Start of Block

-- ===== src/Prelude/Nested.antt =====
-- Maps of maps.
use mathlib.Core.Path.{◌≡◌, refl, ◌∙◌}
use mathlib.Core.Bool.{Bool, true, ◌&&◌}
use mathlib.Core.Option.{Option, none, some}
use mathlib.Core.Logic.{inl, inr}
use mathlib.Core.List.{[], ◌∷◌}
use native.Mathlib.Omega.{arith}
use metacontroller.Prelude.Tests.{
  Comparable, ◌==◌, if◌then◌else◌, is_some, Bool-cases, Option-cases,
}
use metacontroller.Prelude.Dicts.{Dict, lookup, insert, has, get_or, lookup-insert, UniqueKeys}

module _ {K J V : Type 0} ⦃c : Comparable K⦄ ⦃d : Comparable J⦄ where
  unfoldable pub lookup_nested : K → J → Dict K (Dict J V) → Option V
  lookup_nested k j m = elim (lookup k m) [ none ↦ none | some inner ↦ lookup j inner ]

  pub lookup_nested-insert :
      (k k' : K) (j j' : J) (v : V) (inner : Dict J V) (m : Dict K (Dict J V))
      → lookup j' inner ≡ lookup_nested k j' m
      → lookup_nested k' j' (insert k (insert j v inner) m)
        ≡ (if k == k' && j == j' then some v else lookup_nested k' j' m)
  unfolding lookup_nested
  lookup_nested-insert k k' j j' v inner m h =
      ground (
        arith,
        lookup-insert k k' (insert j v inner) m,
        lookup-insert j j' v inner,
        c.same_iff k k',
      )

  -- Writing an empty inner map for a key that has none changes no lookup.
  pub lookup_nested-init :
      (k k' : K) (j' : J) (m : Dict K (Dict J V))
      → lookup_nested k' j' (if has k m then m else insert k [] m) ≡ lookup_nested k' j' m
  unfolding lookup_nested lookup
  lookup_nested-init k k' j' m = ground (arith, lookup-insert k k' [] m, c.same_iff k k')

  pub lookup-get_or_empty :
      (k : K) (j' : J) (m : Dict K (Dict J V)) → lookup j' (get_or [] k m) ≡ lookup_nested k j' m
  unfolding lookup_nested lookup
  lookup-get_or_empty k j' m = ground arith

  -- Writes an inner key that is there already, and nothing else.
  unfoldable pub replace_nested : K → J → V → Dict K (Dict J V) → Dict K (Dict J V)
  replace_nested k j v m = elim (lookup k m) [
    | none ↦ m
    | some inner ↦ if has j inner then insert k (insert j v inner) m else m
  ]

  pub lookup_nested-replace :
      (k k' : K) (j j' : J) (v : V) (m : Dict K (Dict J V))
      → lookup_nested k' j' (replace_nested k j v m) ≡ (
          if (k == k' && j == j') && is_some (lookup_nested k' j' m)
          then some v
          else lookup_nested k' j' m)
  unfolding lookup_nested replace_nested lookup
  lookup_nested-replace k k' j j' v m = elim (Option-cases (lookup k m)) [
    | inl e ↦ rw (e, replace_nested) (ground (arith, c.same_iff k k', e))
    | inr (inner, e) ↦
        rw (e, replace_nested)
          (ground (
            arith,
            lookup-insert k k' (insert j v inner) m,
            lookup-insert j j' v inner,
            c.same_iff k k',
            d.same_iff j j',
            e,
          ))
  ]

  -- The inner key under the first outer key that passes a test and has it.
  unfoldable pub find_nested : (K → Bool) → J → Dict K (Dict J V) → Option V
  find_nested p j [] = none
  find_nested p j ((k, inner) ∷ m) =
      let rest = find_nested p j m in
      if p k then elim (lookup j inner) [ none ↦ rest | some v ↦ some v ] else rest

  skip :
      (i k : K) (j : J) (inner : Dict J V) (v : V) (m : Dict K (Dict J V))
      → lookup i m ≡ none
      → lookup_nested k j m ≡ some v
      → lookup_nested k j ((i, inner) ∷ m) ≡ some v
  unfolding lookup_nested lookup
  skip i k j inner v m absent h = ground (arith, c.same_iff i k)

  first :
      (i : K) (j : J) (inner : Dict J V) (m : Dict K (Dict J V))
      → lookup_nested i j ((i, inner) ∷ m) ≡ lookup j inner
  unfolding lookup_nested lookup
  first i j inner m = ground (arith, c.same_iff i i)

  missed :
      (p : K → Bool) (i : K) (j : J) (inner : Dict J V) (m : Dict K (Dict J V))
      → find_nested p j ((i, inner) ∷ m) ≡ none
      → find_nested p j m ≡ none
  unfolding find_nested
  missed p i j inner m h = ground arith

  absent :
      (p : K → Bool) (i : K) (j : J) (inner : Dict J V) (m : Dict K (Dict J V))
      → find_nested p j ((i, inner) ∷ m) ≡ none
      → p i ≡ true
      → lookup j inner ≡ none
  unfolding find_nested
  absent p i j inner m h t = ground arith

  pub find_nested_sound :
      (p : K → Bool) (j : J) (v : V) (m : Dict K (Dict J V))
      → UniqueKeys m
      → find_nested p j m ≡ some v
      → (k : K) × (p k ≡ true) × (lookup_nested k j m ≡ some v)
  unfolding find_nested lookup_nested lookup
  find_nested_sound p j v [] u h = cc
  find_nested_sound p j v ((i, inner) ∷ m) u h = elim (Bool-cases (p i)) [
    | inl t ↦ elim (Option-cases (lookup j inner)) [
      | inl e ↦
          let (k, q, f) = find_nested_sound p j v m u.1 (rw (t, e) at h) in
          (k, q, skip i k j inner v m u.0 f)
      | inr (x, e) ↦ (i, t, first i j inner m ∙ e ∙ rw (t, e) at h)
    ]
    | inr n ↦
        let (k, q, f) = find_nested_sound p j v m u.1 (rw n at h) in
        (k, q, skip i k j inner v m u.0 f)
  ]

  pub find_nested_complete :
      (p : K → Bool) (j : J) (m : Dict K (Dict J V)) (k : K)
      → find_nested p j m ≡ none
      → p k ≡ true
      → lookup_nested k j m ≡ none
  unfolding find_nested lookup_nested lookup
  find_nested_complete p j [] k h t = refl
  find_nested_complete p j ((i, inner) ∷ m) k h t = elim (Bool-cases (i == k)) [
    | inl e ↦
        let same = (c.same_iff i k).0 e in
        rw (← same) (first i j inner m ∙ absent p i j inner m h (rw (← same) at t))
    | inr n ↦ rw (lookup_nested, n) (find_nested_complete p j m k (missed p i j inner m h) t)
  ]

End of Block
Start of Block

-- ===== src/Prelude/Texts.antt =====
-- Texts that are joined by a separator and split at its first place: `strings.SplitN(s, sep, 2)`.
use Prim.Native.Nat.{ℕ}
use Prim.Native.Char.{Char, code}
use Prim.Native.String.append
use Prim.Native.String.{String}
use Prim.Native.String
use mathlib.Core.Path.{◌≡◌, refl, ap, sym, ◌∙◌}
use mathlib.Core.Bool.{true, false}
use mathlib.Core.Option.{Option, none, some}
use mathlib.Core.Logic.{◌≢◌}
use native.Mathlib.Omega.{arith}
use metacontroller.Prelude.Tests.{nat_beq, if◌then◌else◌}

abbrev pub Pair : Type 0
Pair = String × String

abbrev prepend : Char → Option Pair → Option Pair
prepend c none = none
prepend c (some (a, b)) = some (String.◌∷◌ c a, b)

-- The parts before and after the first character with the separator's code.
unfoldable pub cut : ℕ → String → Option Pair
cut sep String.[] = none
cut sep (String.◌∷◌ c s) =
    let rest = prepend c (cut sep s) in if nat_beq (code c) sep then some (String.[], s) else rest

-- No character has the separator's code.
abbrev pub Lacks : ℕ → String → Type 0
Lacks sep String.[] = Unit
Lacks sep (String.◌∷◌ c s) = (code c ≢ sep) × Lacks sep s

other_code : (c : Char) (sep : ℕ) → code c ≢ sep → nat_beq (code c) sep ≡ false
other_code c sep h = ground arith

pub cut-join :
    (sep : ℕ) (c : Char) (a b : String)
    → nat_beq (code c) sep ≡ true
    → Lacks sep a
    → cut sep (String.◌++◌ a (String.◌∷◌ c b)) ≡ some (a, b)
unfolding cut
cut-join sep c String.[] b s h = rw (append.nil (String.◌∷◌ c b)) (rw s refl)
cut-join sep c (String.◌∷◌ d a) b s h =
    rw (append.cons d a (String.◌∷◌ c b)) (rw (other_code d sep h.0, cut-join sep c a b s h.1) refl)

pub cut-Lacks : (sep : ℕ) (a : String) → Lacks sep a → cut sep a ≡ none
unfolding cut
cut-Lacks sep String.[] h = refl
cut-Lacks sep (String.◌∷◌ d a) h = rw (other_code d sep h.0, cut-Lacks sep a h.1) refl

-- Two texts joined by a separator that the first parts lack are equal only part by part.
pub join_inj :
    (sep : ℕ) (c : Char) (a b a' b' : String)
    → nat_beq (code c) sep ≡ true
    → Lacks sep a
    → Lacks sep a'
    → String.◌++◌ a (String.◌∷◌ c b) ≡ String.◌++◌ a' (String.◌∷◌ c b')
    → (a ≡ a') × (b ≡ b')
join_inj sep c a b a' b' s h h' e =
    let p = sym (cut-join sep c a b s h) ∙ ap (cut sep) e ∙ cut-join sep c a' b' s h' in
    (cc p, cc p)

End of Block

▶ _The problem_:
All lines above from the one with "cut sep (String.◌∷◌" to the one with "(cc p, cc p)", inclusive, should be copied exactly, and no other lines.

▶ _Exercise solution_:
cut sep (String.◌∷◌ c s) =
    let rest = prepend c (cut sep s) in if nat_beq (code c) sep then some (String.[], s) else rest

-- No character has the separator's code.
abbrev pub Lacks : ℕ → String → Type 0
Lacks sep String.[] = Unit
Lacks sep (String.◌∷◌ c s) = (code c ≢ sep) × Lacks sep s

other_code : (c : Char) (sep : ℕ) → code c ≢ sep → nat_beq (code c) sep ≡ false
other_code c sep h = ground arith

pub cut-join :
    (sep : ℕ) (c : Char) (a b : String)
    → nat_beq (code c) sep ≡ true
    → Lacks sep a
    → cut sep (String.◌++◌ a (String.◌∷◌ c b)) ≡ some (a, b)
unfolding cut
cut-join sep c String.[] b s h = rw (append.nil (String.◌∷◌ c b)) (rw s refl)
cut-join sep c (String.◌∷◌ d a) b s h =
    rw (append.cons d a (String.◌∷◌ c b)) (rw (other_code d sep h.0, cut-join sep c a b s h.1) refl)

pub cut-Lacks : (sep : ℕ) (a : String) → Lacks sep a → cut sep a ≡ none
unfolding cut
cut-Lacks sep String.[] h = refl
cut-Lacks sep (String.◌∷◌ d a) h = rw (other_code d sep h.0, cut-Lacks sep a h.1) refl

-- Two texts joined by a separator that the first parts lack are equal only part by part.
pub join_inj :
    (sep : ℕ) (c : Char) (a b a' b' : String)
    → nat_beq (code c) sep ≡ true
    → Lacks sep a
    → Lacks sep a'
    → String.◌++◌ a (String.◌∷◌ c b) ≡ String.◌++◌ a' (String.◌∷◌ c b')
    → (a ≡ a') × (b ≡ b')
join_inj sep c a b a' b' s h h' e =
    let p = sym (cut-join sep c a b s h) ∙ ap (cut sep) e ∙ cut-join sep c a' b' s h' in
    (cc p, cc p)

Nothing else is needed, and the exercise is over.